* What needs to be done *
Please filter the entries for the word "take" and copy every line that has it.
******
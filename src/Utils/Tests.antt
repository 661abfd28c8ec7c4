-- ===== src/Utils/Tests.antt =====
-- Strings and byte order of utils.c at work.
use daemonlib.Base.{ℕ, ◌≡◌, refl, false, none, List, [], ◌∷◌, ◌++◌, ◌-◌, length, take, arith}
use daemonlib.Utils.{
  IsText, text, string_copy, string_append, strcasestr, search_loop, uint32_to_le,
}
use daemonlib.Utils.Buffers.{string_append_lem}
use daemonlib.Utils.Search.{Occurs, strcasestr-Occurs, strcasestr_single}

-- Four bytes with the string "a" in them.
abbrev buffer : List ℕ
buffer = 97 ∷ 0 ∷ 9 ∷ 9 ∷ []

abbrev letters : List ℕ
letters = 98 ∷ 67 ∷ 100 ∷ []

letters-IsText : IsText letters
unfolding IsText
letters-IsText =
    ((λ e. ground (arith, e)), ((λ e. ground (arith, e)), ((λ e. ground (arith, e)), tt)))

string_append_lem_example :
    text (string_append buffer 3 letters)
    ≡ text buffer ++ take (3 - length (text buffer) - 1) letters
string_append_lem_example = string_append_lem buffer 3 letters (omega arith) letters-IsText

string_append_run : string_append buffer 3 letters ≡ 97 ∷ 98 ∷ 0 ∷ 9 ∷ []
unfolding string_append text
string_append_run = refl

strcasestr-Occurs_example : Occurs letters (99 ∷ 68 ∷ []) 1
unfolding search_loop
strcasestr-Occurs_example = strcasestr-Occurs letters (99 ∷ 68 ∷ []) 1 letters-IsText refl

strcasestr_single_example : strcasestr letters (98 ∷ []) ≡ none
strcasestr_single_example = strcasestr_single letters 98 letters-IsText

-- Searching does not go back: "ab" is not found in "aab".
no_way_back : strcasestr (97 ∷ 97 ∷ 98 ∷ []) (97 ∷ 98 ∷ []) ≡ none
unfolding search_loop
no_way_back = refl

byte_order : uint32_to_le false 305419896 ≡ 2018915346
byte_order = refl

string_copy_run : string_copy buffer 3 letters none ≡ 98 ∷ 67 ∷ 0 ∷ 9 ∷ []
unfolding string_copy
string_copy_run = refl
******
* Task output *
use daemonlib.Base.{ℕ, ◌≡◌, refl, false, none, List, [], ◌∷◌, ◌++◌, ◌-◌, length, take, arith}
    ≡ text buffer ++ take (3 - length (text buffer) - 1) letters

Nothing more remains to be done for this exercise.